TASK REQUIREMENTS:
Among these entries, count the lines containing the word "flushes" and answer with only the number.

EXERCISE INPUT:
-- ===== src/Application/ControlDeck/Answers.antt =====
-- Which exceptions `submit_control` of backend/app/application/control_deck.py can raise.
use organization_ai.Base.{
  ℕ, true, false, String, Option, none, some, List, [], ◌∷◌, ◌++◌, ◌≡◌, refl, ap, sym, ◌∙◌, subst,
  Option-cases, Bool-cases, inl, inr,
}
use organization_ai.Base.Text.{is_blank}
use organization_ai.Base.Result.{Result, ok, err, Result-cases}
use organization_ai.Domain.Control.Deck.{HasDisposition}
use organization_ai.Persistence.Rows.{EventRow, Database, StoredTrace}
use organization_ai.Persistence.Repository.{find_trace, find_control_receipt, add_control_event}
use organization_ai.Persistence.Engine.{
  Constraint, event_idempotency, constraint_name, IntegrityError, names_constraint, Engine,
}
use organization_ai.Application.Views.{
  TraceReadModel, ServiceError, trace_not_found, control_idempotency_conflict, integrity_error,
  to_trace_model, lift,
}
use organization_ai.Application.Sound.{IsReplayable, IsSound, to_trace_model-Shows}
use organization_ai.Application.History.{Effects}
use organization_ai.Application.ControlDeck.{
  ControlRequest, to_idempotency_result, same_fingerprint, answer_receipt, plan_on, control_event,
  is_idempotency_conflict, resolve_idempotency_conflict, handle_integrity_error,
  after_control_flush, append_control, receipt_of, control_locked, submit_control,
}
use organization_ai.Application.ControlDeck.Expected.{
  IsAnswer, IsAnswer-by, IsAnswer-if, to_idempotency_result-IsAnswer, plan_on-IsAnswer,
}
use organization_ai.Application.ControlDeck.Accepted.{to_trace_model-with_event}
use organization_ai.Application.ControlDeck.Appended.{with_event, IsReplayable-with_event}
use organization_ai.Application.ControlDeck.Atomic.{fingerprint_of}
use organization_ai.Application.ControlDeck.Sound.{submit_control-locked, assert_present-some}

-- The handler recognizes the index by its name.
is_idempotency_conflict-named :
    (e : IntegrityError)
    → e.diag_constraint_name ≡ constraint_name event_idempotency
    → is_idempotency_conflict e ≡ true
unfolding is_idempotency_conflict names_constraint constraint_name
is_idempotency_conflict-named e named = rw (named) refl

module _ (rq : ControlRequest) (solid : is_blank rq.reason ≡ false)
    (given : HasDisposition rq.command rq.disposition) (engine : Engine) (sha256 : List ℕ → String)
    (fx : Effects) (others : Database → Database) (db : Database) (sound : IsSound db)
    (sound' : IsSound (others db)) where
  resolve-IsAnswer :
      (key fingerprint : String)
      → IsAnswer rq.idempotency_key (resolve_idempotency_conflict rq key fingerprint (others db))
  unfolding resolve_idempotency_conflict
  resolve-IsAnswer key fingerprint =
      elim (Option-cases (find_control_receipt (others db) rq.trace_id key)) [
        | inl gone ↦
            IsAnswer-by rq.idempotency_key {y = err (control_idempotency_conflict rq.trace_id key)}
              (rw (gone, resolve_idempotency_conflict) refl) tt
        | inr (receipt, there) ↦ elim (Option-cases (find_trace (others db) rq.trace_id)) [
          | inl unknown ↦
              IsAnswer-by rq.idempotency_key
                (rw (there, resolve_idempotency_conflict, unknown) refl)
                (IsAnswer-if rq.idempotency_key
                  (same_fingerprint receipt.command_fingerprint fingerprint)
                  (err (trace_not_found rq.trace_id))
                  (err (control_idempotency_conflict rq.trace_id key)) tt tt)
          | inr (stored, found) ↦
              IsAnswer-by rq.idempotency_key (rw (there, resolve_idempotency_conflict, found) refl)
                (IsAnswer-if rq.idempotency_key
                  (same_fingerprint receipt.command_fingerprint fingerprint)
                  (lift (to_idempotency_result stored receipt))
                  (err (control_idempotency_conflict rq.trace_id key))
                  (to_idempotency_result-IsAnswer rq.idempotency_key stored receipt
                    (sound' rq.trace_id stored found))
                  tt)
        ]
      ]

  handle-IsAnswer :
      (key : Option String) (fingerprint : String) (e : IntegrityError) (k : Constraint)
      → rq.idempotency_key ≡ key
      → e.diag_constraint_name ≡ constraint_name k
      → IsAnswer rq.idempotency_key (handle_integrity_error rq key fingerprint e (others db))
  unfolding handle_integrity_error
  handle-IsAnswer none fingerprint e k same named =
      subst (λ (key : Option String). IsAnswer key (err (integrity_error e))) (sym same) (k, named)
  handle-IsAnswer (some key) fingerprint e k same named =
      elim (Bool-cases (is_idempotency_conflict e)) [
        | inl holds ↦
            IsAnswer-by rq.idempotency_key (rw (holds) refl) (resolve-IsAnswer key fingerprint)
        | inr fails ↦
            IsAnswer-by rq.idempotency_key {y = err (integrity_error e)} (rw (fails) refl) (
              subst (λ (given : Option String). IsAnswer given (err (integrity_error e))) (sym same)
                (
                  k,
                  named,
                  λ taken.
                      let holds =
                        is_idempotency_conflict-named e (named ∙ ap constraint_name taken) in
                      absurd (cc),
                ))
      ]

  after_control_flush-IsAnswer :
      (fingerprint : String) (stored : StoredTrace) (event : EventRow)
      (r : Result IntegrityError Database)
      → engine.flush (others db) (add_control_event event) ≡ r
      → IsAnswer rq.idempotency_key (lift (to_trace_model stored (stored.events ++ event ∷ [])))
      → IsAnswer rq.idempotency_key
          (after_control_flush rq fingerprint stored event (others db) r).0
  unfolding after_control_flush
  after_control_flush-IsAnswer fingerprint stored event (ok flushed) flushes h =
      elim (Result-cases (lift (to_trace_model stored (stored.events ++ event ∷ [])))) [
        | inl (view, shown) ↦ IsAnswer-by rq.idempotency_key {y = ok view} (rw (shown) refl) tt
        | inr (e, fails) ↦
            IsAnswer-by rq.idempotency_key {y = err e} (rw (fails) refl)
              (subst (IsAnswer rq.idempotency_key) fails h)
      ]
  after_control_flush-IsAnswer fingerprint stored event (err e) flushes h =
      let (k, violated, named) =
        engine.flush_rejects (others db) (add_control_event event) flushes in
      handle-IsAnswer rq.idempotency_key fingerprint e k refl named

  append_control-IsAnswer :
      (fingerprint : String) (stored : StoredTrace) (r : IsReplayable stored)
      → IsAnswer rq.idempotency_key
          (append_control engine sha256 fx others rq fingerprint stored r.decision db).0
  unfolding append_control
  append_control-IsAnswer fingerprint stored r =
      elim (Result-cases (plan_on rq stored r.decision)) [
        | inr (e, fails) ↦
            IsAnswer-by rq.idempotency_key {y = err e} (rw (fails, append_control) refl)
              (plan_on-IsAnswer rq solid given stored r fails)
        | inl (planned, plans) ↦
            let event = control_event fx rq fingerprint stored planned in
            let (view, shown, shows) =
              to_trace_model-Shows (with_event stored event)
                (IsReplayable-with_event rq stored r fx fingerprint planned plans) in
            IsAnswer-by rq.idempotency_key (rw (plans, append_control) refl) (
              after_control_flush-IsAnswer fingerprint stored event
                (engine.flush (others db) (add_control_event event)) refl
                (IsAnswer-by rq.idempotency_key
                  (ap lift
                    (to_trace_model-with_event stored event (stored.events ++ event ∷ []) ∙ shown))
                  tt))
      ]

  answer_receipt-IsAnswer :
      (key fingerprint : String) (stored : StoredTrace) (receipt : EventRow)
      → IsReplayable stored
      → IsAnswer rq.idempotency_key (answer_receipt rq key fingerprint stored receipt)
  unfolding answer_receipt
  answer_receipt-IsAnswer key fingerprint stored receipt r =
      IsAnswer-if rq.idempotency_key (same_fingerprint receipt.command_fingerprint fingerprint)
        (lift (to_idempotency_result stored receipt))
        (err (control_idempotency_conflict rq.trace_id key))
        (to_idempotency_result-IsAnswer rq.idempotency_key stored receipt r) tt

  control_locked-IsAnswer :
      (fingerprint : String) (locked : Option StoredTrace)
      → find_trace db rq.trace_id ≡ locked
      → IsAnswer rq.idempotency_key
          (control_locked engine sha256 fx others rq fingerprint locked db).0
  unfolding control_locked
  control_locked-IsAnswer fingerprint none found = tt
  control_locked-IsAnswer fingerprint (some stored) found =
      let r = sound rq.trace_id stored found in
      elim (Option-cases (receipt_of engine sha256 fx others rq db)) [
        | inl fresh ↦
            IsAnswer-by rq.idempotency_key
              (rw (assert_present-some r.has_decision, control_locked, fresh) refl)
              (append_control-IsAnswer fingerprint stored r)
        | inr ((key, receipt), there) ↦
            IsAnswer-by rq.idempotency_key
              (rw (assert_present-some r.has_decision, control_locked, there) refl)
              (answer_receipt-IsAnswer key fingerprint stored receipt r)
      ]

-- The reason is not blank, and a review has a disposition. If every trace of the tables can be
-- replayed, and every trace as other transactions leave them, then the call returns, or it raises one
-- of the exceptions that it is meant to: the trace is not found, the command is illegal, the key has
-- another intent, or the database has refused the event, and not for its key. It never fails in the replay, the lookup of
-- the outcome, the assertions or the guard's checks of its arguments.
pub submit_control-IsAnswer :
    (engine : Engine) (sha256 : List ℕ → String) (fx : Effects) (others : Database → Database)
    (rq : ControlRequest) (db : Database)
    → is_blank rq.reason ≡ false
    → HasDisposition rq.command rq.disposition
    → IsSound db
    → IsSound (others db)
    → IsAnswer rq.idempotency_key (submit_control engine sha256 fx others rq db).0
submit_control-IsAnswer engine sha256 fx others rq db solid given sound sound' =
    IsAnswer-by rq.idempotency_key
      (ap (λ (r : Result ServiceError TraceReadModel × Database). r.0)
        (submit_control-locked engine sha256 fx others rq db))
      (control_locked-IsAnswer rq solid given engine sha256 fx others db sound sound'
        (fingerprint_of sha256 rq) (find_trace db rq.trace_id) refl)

RESPONSE TO THE EXERCISE:
3